Meine ersten Erfahrungen mit den Spontanbewegungen:

Mitte der 1980er Jahre machte ich einen Taijiquan Basis Kurs bei einer Volkshochschule nähe Frankfurt/Main. Es war meine erste Begegnung mit dieser asiatischen Kunst, deren Hauptaspekte Gesundheit, Selbstverteidigung und Meditation sind. Ich lernte einen Teil des Yang Stils, eine Folge langsamer, fließender Bewegungen und praktizierte diese täglich etwa 20 Minuten. Einige Zeit nach Beendigung des Kurses stellte sich bei mir ein merkwürdiges Phänomen ein. Immer dann, wenn ich die Übung abgeschlossen hatte und entspannt stehen blieb, fing mein Körper an, sich von selbst unwillkürlich zu bewegen.  Manchmal weich und langsam, manchmal schneller, manchmal zuckend. Ich ließ dies zu, denn es war wie ein Tanz, aber ohne Musik, der sich gut und befreiend anfühlte. Da ich nie das Gefühl hatte, dass ich die Kontrolle über mich verlieren könnte, genoss ich diesen Zustand, bis er von ganz alleine wieder ausklang. Leider fand der Taijiquan Kurs keine Fortsetzung, und mein Interesse an weiterer Übungspraxis ebbte nach ca. zwei Monaten ab.

 

Meine Heilung durch das Qi Gong der Spontanbewegungen

Im Herbst 1987 begann für mich eine langjährige Gesundheitskrise mit permanentem Energiemangel und daraus resultierender verschiedenster Symptome. Heute würde man dazu Burnout Syndrom sagen. Ich konnte meinen Beruf als Lehrer an einer öffentlichen Schule ein halbes Jahr gar nicht ausüben. Auch danach war ein Einsatz nur mit 50% reduziertem Stundendeputat möglich. Es war eine lange Leidenszeit, in der ich viele verschiedene Therapien für mich anwandte, aber ohne durchschlagenden Erfolg.

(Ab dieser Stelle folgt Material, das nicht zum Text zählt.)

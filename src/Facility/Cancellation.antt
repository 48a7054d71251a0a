-- ===== src/Facility/Cancellation.antt =====
-- What TaskFacilityCore::Cancel guarantees.
use edp_threading.Base.{
  ℕ, ◌<◌, ◌≡◌, ◌⊎◌, refl, Bool, true, false, List, if◌then◌else◌, elem, Bool-cases, inl, inr,
}
use edp_threading.Topology.{Topology}
use edp_threading.Types.{TaskCancelResult}
use edp_threading.Task.Control.{
  TaskOperationalState, state, has_owner, set_state, compare_exchange_state, same_state,
}
use edp_threading.Task.Control.Laws.{set_state_lem}
use edp_threading.Facility.Core.{
  TaskFacilityCore, TaskCancellationCoreResult, cancellation, cancel_in, cancel,
  is_current_incarnation,
}
use edp_threading.Facility.Invariant.{Inv, IsRecordOk, AllocatedOk-requested}
use edp_threading.Facility.Update.{UpdatedAt, set_record-UpdatedAt}
use edp_threading.Facility.Withdrawal.{WithdrawnAt, withdraw_queued-WithdrawnAt}

module _ (t : Topology) where
  -- Record `i` asks its running callable to stop, and keeps all else.
  abbrev pub RequestedAt : TaskFacilityCore t → List ℕ → ℕ → TaskFacilityCore t → Type 0
  RequestedAt c q i d =
      UpdatedAt t c q i TaskOperationalState.running_cancel_requested
        (has_owner (c.records i).control) (c.records i).payload d

  -- What cancelling an allocated record does, by its operational state.
  abbrev pub CancelsIn :
      TaskFacilityCore t
      → List ℕ
      → ℕ
      → TaskOperationalState
      → TaskFacilityCore t × TaskCancellationCoreResult
      → Type 0
  CancelsIn c q i TaskOperationalState.queued r =
      WithdrawnAt t c q i r.0 × (r.1 ≡ cancellation TaskCancelResult.accepted true)
  CancelsIn c q i TaskOperationalState.running r =
      RequestedAt c q i r.0 × (r.1 ≡ cancellation TaskCancelResult.accepted false)
  CancelsIn c q i TaskOperationalState.running_cancel_requested r =
      r ≡ (c, cancellation TaskCancelResult.accepted false)
  CancelsIn c q i _ r = r ≡ (c, cancellation TaskCancelResult.already_finished false)

  abbrev pub Cancels :
      TaskFacilityCore t
      → List ℕ
      → ℕ
      → Bool
      → TaskFacilityCore t × TaskCancellationCoreResult
      → Type 0
  Cancels c q i p r =
      ((is_current_incarnation t c i p ≡ false)
        × (r ≡ (c, cancellation TaskCancelResult.already_finished false)))
      ⊎ ((is_current_incarnation t c i p ≡ true) × CancelsIn c q i (state (c.records i).control) r)

  module _ (c : TaskFacilityCore t) (q : List ℕ) (i : ℕ) (v : Inv t c q) (below : i < t.records)
      (taken : t.availability.is_set c.availability i ≡ false) where
    request-RequestedAt :
        state (c.records i).control ≡ TaskOperationalState.running
        → RequestedAt c q i (cancel_in t c i TaskOperationalState.running).0
    unfolding compare_exchange_state
    request-RequestedAt is_running =
        let old : IsRecordOk false (elem i q) (c.records i) = rw taken at (v.ok i below) in
        rw (is_running, same_state)
          (set_record-UpdatedAt t c q i TaskOperationalState.running_cancel_requested
            (has_owner (c.records i).control) (c.records i).payload
            (set_state (c.records i).control TaskOperationalState.running_cancel_requested) v taken
            (set_state_lem (c.records i).control TaskOperationalState.running_cancel_requested
              old.1)
            (AllocatedOk-requested (elem i q) (has_owner (c.records i).control)
              (has_owner (c.records i).control) (c.records i).payload (c.records i).operations
              (rw is_running at old.0)))

    cancel_in-CancelsIn :
        (s : TaskOperationalState)
        → state (c.records i).control ≡ s
        → CancelsIn c q i s (cancel_in t c i s)
    cancel_in-CancelsIn TaskOperationalState.queued e =
        (withdraw_queued-WithdrawnAt t c q i v below taken e, refl)
    cancel_in-CancelsIn TaskOperationalState.running e = (request-RequestedAt e, refl)
    cancel_in-CancelsIn TaskOperationalState.running_cancel_requested e = refl
    cancel_in-CancelsIn TaskOperationalState.completed e = refl
    cancel_in-CancelsIn TaskOperationalState.cancelled e = refl
    cancel_in-CancelsIn TaskOperationalState.unnamed e = refl

    -- Cancel of an allocated record of a well-formed core, by the record's state: a stale
    -- Phase answers AlreadyFinished and changes nothing; a Queued record leaves the queue as
    -- Cancelled with its callable destroyed, and terminal publication is reported; a Running
    -- record has its cancellation requested and keeps all else; a record already asked
    -- changes nothing and answers Accepted; a terminal record changes nothing and answers
    -- AlreadyFinished. The core stays well formed.
    pub cancel_lem : (p : Bool) → Cancels c q i p (cancel t c i p)
    unfolding cancel
    cancel_lem p = elim (Bool-cases (is_current_incarnation t c i p)) [
      | inl current ↦ inr (
        current,
        rw (current, cancel, if◌then◌else◌)
            (cancel_in-CancelsIn (state (c.records i).control) refl),
      )
      | inr stale ↦ inl (stale, rw (stale, cancel) refl)
    ]
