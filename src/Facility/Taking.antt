-- ===== src/Facility/Taking.antt =====
-- What TaskFacilityCore::TakeResult guarantees to the owner of a record.
use edp_threading.Base.{ℕ, ◌<◌, ◌≡◌, refl, Bool, true, false, Option, none, some, List, elem}
use edp_threading.Topology.{Topology}
use edp_threading.Types.{TaskTakeStatus}
use edp_threading.Task.Control.{TaskOperationalState, state, has_owner, release_owner}
use edp_threading.Task.Payload.{Payload, Adapter, move_result}
use edp_threading.Facility.Core.{
  TaskFacilityCore, Taken, take_completed, take_in, take_result, is_current_incarnation,
}
use edp_threading.Facility.Invariant.{Inv, AllocatedOk}
use edp_threading.Facility.Update.{UpdatedAt, set_record-UpdatedAt}
use edp_threading.Facility.Release.{owned_taken, owned_ok, released-Fields}

-- The result that a completed payload holds; a `void` Task has none.
abbrev pub held_result : Payload → Option ℕ
held_result (Payload.result r) = some r
held_result _ = none

-- Moving the result of an owned and completed record out empties its storage.
moved_out :
    (queued : Bool) (p : Payload) (a : Adapter)
    → AllocatedOk queued TaskOperationalState.completed true p (some a)
    → (move_result a p ≡ (Payload.raw, held_result p))
      × AllocatedOk queued TaskOperationalState.completed false Payload.raw (some a)
moved_out queued (Payload.result r) Adapter.typed h = (refl, (h.0, refl))
moved_out queued Payload.raw Adapter.typed h = absurd h.1
moved_out queued (Payload.callable f) Adapter.typed h = absurd h.1
moved_out queued Payload.corrupt Adapter.typed h = absurd h.1
moved_out queued Payload.raw Adapter.untyped h = (refl, (h.0, refl))
moved_out queued (Payload.result r) Adapter.untyped h = absurd h.1
moved_out queued (Payload.callable f) Adapter.untyped h = absurd h.1
moved_out queued Payload.corrupt Adapter.untyped h = absurd h.1

module _ (t : Topology) where
  -- What taking from an owned record does, by its operational state.
  abbrev pub TakesIn : TaskFacilityCore t → List ℕ → ℕ → TaskOperationalState → Taken t → Type 0
  TakesIn c q i TaskOperationalState.completed r =
      UpdatedAt t c q i TaskOperationalState.completed false Payload.raw r.0
      × (r.1 ≡ TaskTakeStatus.succeeded)
      × (r.2 ≡ held_result (c.records i).payload)
  TakesIn c q i TaskOperationalState.cancelled r = r ≡ (c, TaskTakeStatus.cancelled, none)
  TakesIn c q i _ r = r ≡ (c, TaskTakeStatus.not_completed, none)

  module _ (c : TaskFacilityCore t) (q : List ℕ) (i : ℕ) (v : Inv t c q) (below : i < t.records)
      (owned : has_owner (c.records i).control ≡ true) where
    take_completed-TakesIn :
        (ops : Option Adapter)
        → (c.records i).operations ≡ ops
        → state (c.records i).control ≡ TaskOperationalState.completed
        → TakesIn c q i TaskOperationalState.completed (take_completed t c i ops)
    unfolding take_completed
    take_completed-TakesIn none ops e =
        absurd (rw ops at (owned_ok t c q i v below owned TaskOperationalState.completed e))
    take_completed-TakesIn (some a) ops e =
        let moved =
          moved_out (elem i q) (c.records i).payload a
            (rw ops at (owned_ok t c q i v below owned TaskOperationalState.completed e)) in
        rw moved.0 (
          set_record-UpdatedAt t c q i TaskOperationalState.completed false Payload.raw
              (release_owner (c.records i).control) v (owned_taken t c q i v below owned)
              (released-Fields (c.records i).control TaskOperationalState.completed (v.ok i below).1
                e)
              (rw ops moved.1),
          refl,
          refl,
        )

    take_in-TakesIn :
        (s : TaskOperationalState)
        → state (c.records i).control ≡ s
        → TakesIn c q i s (take_in t c i s)
    take_in-TakesIn TaskOperationalState.completed e =
        take_completed-TakesIn (c.records i).operations refl e
    take_in-TakesIn TaskOperationalState.cancelled e = refl
    take_in-TakesIn TaskOperationalState.queued e = refl
    take_in-TakesIn TaskOperationalState.running e = refl
    take_in-TakesIn TaskOperationalState.running_cancel_requested e = refl
    take_in-TakesIn TaskOperationalState.unnamed e = refl

    -- TakeResult of a current and owned record of a well-formed core: from Completed it
    -- answers Succeeded, moves out the result that the storage held, if any, leaves the
    -- storage empty and the record disowned, and the core well formed; from Cancelled it
    -- answers Cancelled, and from any other state NotCompleted, changing nothing.
    pub take_result_lem :
        (p : Bool)
        → is_current_incarnation t c i p ≡ true
        → TakesIn c q i (state (c.records i).control) (take_result t c i p)
    unfolding take_result
    take_result_lem p current =
        rw (current, take_result) (take_in-TakesIn (state (c.records i).control) refl)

Die Wende kam am Pfingstwochenende 1996. Ich hatte in einer Ankündigung des „Frankfurter Rings“ (Verein in Frankfurt/Main, der u.a. spirituelle Vorträge und Seminare organisiert) gelesen, dass die Qi Gong Großmeisterin Gao Yun mit ihrer Tochter Bai Yin erstmalig in Deutschland sei und an dem besagten Pfingstwochenende ein Qi Gong for Life-Seminar halten würden. Die Ankündigung sprach mich an, und ich entschloss mich, mir die beiden Frauen freitags, an einem Erlebnisabend, einmal anzuschauen, zumal ich über Qi Gong nichts wusste. Als Master Gao Yun im Rahmen des Abends ihre Qi Gong for Life Basis Form vorführte, berührte mich diese Vorstellung sehr, und ich entschloss mich kurzfristig an ihrem kommenden Wochenendseminar teilzunehmen.

Das Seminar fand in einem großen Saal mit über 60 Teilnehmern aus ganz Europa statt. Es hatte zum Ziel, dass am Ende der beiden Tage alle, neben der Erfahrung theoretischer Hintergründe des Qi Gongs, die ersten 18 Bewegungen der sogenannten Schwanen-Kranichübung des Qi Gong for Life-Stiles gelernt haben sollten.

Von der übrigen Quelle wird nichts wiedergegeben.